### Records from a data collection
= Beginning of Section =

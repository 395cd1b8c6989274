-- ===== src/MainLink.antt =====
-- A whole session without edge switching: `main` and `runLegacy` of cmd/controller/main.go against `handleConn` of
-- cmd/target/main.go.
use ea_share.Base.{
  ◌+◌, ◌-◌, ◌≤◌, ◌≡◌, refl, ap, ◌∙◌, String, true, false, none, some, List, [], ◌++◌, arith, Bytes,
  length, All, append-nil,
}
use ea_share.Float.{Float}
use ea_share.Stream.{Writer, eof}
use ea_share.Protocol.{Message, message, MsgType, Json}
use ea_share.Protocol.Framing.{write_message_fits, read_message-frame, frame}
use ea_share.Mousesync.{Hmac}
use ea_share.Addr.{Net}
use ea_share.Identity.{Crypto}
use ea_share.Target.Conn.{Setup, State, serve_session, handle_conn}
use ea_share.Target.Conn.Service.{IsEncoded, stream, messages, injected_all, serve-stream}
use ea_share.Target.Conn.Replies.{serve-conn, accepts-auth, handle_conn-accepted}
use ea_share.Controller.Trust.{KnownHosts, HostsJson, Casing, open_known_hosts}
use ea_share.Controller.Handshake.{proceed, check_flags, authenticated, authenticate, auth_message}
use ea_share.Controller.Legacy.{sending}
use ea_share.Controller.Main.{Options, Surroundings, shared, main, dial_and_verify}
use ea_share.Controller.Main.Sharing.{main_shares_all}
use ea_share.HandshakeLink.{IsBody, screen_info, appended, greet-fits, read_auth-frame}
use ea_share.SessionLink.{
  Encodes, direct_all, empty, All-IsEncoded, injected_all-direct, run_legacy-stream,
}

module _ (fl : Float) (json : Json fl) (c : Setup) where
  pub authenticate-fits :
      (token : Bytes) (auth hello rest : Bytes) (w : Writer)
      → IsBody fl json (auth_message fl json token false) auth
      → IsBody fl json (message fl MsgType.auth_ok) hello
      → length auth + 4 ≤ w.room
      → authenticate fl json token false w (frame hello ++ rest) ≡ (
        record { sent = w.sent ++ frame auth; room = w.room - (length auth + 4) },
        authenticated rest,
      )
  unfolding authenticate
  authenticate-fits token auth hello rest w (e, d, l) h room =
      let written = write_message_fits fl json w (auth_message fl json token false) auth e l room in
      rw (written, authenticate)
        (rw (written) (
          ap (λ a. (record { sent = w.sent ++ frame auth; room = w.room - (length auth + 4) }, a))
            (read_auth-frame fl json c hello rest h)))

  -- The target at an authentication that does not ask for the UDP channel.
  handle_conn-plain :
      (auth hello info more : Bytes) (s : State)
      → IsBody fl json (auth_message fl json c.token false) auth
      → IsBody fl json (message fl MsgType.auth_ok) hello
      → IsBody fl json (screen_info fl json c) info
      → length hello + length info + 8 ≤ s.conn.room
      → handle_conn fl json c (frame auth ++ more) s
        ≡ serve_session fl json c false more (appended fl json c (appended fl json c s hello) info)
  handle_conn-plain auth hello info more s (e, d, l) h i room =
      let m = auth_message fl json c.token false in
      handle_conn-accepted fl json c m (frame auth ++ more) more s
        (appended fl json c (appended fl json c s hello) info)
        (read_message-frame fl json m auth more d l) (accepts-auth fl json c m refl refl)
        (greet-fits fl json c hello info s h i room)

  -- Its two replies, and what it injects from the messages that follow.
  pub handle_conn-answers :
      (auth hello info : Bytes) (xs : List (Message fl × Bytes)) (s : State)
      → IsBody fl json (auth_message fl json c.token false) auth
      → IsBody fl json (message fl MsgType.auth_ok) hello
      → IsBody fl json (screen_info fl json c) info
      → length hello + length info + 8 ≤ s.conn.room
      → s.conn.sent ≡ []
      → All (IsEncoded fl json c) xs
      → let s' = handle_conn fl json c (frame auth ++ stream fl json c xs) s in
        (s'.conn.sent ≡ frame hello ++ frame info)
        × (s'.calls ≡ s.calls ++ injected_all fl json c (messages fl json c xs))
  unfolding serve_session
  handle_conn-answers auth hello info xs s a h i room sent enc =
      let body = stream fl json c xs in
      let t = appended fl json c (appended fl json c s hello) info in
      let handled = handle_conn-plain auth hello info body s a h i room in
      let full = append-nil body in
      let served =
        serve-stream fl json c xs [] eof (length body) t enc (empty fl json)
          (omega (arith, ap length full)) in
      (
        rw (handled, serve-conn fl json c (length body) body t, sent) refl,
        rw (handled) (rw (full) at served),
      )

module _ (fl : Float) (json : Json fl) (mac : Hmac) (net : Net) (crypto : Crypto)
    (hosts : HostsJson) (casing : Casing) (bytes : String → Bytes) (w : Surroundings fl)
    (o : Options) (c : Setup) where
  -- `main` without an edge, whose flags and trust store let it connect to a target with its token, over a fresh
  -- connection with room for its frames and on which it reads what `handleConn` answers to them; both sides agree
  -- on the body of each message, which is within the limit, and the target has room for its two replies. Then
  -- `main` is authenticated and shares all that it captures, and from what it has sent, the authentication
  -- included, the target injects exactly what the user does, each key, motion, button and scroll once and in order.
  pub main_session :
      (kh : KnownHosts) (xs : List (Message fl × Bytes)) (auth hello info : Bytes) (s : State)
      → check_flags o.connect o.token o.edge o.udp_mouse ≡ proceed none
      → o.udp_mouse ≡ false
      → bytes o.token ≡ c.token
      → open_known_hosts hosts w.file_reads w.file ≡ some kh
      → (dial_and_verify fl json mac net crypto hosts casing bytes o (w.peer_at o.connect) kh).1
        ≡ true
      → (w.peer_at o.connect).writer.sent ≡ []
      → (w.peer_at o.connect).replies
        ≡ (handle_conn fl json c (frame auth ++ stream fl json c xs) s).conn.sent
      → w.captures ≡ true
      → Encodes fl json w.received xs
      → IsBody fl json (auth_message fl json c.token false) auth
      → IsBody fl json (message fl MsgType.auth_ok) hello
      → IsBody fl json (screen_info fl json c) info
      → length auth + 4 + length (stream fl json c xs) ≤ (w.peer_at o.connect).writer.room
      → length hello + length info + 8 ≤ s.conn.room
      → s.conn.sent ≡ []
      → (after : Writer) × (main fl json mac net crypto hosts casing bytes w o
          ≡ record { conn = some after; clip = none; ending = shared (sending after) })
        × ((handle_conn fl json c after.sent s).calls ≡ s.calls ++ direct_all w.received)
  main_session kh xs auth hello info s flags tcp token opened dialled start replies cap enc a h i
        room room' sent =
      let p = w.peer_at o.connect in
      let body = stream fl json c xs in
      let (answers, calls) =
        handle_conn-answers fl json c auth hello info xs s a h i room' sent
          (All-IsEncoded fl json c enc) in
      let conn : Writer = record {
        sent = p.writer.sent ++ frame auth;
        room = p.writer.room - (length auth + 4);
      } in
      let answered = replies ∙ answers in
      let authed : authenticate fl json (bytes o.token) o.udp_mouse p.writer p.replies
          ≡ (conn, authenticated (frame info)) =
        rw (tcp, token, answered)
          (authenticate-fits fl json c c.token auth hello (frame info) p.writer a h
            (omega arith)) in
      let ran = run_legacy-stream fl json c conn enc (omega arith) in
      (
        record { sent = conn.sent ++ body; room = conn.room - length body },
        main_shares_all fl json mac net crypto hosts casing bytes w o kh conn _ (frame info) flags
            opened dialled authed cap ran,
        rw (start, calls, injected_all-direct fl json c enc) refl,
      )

= End of Section =
= Beginning of Section =

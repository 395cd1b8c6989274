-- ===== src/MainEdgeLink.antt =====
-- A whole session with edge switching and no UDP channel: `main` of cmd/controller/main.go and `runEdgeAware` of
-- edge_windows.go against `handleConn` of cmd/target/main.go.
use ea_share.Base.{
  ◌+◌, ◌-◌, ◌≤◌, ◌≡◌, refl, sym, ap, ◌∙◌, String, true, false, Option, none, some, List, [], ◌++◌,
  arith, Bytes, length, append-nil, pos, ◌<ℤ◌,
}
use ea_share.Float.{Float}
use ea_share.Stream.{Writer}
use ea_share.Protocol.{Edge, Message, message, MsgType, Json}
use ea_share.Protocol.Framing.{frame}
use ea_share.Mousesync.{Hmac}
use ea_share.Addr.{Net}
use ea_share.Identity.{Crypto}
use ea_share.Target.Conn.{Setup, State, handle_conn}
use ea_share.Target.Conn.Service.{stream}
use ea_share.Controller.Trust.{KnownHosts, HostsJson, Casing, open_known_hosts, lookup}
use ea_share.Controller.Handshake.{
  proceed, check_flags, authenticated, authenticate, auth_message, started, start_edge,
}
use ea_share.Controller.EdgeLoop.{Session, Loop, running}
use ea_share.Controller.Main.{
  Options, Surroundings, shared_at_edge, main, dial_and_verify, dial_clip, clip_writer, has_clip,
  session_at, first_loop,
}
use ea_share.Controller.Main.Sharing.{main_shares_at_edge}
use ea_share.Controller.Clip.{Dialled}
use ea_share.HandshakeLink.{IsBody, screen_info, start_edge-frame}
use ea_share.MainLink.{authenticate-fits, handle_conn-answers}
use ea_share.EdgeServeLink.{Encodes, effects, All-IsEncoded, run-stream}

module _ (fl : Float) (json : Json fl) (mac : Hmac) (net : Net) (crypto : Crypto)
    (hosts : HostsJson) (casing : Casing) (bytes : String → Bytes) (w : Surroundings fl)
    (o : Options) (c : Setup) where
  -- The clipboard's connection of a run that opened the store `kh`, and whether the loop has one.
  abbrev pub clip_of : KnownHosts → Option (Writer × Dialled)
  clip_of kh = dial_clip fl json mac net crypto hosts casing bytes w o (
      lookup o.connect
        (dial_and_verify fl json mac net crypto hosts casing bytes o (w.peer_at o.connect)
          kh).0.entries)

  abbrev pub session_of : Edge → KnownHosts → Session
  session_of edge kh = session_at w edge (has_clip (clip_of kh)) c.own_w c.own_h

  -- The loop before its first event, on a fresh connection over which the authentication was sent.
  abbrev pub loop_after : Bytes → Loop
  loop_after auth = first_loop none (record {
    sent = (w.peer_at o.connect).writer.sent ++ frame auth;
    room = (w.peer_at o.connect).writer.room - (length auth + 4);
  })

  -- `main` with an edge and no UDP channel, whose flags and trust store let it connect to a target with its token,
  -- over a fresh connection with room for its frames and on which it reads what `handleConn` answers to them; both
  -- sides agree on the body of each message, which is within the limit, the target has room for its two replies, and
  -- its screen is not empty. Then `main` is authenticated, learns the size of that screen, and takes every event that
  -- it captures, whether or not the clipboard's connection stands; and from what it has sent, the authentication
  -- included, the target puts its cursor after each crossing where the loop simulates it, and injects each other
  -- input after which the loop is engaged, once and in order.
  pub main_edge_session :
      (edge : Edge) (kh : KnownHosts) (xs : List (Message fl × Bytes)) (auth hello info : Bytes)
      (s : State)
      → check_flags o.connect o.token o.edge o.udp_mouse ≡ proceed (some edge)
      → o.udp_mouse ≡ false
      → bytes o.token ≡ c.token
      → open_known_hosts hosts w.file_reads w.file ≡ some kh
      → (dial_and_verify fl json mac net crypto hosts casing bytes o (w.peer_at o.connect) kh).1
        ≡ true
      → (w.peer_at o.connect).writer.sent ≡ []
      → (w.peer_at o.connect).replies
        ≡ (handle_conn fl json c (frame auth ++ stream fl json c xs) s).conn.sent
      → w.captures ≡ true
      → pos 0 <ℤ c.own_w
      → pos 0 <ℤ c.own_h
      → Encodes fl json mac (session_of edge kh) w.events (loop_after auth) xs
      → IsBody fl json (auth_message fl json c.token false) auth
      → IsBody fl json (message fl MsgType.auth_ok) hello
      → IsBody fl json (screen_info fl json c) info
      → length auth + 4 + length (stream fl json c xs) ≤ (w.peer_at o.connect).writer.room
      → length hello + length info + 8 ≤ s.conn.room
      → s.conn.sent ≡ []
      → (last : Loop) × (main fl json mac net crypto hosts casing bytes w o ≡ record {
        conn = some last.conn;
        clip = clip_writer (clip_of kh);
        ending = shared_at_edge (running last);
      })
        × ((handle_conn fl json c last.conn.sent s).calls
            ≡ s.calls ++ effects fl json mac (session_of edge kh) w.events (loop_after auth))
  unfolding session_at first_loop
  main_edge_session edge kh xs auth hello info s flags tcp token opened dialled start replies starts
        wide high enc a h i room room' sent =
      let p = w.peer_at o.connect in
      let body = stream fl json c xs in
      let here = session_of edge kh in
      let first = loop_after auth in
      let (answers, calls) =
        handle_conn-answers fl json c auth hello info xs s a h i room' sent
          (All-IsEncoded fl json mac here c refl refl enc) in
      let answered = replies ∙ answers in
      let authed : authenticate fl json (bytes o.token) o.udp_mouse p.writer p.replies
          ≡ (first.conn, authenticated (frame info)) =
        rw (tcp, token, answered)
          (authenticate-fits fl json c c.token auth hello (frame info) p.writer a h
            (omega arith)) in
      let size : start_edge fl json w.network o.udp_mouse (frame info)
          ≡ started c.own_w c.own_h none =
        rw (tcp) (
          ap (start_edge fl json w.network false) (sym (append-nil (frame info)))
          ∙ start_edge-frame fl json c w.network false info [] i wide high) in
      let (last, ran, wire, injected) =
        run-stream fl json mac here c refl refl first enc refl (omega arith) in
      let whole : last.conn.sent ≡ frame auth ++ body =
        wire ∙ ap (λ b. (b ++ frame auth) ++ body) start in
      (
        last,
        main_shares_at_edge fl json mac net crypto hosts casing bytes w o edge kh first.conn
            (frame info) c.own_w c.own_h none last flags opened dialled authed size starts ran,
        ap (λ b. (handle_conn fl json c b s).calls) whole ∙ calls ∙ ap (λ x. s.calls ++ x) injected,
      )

= End of Section =

### About this exercise
Your job is to copy out every line from the records above that has the word "received".

### Expected answer
      → Encodes fl json w.received xs
        × ((handle_conn fl json c after.sent s).calls ≡ s.calls ++ direct_all w.received)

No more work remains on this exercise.